> Exercise requirements: How many lines of the records below contain the word "ground"? Answer with the number alone.

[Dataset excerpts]

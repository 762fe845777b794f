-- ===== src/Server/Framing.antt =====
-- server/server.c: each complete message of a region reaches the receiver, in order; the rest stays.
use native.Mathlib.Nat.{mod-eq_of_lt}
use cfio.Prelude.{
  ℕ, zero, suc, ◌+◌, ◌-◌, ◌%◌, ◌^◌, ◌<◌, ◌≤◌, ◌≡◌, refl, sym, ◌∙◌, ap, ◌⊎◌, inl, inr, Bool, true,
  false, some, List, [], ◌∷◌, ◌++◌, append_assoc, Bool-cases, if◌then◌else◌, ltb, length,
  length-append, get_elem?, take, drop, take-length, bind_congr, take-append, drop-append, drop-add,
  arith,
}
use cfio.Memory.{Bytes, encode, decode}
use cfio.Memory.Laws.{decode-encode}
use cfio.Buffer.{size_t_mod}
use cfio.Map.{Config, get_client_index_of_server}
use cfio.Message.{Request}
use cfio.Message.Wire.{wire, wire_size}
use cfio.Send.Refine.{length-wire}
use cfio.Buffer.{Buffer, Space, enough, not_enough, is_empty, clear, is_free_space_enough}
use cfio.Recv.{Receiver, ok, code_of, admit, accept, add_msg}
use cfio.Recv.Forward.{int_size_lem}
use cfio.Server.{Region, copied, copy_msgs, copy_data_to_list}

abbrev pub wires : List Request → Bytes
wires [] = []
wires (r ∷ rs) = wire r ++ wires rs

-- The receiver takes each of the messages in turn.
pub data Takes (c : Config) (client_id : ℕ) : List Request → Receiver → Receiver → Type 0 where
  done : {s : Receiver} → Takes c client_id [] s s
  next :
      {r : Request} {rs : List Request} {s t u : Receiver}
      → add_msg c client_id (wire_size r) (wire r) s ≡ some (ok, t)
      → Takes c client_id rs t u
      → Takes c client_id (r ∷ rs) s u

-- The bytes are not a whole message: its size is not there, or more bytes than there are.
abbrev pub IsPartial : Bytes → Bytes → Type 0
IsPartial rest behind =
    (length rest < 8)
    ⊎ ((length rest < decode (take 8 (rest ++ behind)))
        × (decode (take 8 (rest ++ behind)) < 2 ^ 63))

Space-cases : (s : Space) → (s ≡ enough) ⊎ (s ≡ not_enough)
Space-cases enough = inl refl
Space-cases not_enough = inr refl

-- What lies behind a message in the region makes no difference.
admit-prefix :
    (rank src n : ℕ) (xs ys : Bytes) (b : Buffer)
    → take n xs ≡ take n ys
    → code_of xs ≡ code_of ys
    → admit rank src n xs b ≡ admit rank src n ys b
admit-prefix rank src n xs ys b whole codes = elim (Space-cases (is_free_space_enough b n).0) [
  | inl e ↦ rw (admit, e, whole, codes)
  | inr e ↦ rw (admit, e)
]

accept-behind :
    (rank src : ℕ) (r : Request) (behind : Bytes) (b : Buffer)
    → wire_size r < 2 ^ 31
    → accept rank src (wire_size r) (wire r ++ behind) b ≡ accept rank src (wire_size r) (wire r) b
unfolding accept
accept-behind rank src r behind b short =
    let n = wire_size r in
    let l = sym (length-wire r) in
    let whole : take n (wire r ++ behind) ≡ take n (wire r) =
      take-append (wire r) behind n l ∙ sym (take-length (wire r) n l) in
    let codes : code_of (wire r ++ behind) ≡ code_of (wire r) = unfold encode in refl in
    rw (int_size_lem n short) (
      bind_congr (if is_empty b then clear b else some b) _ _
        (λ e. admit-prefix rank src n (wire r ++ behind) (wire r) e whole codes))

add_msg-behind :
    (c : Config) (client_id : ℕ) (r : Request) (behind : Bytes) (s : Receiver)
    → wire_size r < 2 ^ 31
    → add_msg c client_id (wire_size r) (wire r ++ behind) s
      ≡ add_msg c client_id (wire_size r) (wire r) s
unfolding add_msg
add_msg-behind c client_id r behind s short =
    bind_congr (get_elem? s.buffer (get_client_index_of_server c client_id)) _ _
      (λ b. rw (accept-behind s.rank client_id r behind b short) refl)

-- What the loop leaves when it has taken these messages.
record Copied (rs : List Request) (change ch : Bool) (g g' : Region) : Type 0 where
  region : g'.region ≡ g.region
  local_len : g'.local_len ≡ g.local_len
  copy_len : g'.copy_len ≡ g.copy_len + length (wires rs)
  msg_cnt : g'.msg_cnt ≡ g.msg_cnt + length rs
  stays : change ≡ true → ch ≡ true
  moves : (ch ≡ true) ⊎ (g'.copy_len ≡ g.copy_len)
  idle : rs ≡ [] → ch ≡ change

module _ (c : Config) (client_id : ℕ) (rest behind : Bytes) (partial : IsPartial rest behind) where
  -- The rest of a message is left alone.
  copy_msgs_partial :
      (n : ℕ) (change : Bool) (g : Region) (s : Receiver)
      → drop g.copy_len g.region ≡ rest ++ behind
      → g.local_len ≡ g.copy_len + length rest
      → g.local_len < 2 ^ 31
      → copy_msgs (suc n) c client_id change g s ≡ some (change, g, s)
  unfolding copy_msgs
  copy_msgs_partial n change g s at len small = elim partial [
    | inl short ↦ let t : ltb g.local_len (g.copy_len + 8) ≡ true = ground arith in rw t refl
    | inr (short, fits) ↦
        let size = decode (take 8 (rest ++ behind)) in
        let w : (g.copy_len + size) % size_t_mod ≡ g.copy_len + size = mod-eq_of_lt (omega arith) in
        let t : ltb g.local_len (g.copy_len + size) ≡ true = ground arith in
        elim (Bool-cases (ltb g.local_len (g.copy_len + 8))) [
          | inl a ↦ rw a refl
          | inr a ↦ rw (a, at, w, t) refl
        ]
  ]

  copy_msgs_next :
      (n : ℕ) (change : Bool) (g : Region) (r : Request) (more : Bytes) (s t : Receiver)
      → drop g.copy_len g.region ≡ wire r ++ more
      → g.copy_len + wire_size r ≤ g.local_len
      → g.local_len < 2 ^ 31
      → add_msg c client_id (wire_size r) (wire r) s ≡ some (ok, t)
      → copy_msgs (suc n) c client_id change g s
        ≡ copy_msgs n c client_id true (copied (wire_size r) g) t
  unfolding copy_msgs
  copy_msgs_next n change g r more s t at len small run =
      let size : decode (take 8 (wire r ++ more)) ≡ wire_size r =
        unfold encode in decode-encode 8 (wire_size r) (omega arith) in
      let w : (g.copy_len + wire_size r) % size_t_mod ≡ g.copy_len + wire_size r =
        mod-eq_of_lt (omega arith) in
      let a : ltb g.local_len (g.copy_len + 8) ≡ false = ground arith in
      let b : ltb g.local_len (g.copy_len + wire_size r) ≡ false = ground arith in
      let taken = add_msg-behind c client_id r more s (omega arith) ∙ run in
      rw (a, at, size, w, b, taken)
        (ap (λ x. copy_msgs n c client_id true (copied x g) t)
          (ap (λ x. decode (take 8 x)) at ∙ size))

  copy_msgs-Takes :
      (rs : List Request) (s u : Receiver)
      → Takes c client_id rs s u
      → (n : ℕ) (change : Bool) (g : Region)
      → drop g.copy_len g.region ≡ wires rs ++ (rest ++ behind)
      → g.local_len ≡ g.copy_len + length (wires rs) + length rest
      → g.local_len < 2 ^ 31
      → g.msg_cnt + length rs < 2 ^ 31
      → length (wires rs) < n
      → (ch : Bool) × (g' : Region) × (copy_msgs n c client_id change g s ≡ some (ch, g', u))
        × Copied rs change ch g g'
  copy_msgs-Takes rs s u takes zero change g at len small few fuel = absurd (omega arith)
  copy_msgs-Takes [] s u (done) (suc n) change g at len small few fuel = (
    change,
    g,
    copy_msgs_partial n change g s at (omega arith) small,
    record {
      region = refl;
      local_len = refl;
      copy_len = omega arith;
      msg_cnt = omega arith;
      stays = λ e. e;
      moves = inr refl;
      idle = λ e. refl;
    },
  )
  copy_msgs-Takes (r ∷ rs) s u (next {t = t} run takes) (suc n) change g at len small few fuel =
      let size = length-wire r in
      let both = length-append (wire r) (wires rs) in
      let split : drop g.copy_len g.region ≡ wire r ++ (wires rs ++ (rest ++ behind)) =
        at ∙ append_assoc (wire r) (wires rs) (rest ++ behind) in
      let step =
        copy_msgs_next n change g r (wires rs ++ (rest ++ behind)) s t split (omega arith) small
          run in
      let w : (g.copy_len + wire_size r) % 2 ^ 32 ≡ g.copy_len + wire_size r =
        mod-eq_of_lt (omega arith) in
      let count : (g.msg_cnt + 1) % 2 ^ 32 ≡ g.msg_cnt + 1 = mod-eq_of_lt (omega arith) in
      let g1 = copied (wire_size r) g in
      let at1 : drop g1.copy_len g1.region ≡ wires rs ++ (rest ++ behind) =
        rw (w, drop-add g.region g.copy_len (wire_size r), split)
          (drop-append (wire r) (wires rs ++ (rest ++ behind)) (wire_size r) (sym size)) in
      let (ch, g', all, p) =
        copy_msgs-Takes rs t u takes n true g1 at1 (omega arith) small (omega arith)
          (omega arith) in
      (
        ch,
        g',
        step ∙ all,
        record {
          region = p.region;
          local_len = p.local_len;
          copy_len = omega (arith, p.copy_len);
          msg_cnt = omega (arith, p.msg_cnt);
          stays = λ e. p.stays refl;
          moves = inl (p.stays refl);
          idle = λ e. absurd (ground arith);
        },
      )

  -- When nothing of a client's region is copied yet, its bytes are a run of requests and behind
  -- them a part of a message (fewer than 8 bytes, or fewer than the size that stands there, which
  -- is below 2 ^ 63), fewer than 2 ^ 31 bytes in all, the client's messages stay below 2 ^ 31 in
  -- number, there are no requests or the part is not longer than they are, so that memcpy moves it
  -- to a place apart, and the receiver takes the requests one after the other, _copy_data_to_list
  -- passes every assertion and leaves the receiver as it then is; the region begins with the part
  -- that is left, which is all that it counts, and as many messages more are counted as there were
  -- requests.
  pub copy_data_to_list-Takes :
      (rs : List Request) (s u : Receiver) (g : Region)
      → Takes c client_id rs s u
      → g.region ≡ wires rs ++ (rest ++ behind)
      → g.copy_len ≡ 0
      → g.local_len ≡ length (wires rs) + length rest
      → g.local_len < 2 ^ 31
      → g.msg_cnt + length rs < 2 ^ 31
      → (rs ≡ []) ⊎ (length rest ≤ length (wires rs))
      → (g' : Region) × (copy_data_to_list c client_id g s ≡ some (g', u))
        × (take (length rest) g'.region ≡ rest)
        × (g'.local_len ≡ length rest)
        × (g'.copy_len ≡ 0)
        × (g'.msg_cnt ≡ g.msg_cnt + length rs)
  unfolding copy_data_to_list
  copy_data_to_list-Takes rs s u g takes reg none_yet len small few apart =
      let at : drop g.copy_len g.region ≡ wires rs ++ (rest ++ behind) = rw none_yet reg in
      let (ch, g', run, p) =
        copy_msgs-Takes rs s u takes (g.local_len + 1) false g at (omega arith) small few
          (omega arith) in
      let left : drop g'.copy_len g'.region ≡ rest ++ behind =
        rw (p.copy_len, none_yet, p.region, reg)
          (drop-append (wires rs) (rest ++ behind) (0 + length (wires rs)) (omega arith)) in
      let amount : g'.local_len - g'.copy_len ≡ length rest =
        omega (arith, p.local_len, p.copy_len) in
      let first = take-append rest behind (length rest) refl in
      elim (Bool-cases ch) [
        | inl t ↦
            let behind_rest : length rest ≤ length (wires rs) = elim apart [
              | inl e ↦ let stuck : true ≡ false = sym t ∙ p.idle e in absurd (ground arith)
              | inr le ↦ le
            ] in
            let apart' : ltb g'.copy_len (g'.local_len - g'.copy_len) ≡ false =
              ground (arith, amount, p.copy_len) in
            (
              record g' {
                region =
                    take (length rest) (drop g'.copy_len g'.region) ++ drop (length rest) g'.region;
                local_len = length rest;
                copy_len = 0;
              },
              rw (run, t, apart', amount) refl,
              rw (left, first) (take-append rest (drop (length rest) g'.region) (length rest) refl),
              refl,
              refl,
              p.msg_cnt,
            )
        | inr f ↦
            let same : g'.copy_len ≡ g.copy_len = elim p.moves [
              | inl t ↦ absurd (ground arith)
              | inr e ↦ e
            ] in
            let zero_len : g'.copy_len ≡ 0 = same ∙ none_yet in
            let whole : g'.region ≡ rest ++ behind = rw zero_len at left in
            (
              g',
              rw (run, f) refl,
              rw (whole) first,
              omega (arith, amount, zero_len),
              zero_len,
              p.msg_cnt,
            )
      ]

> Your solution: 8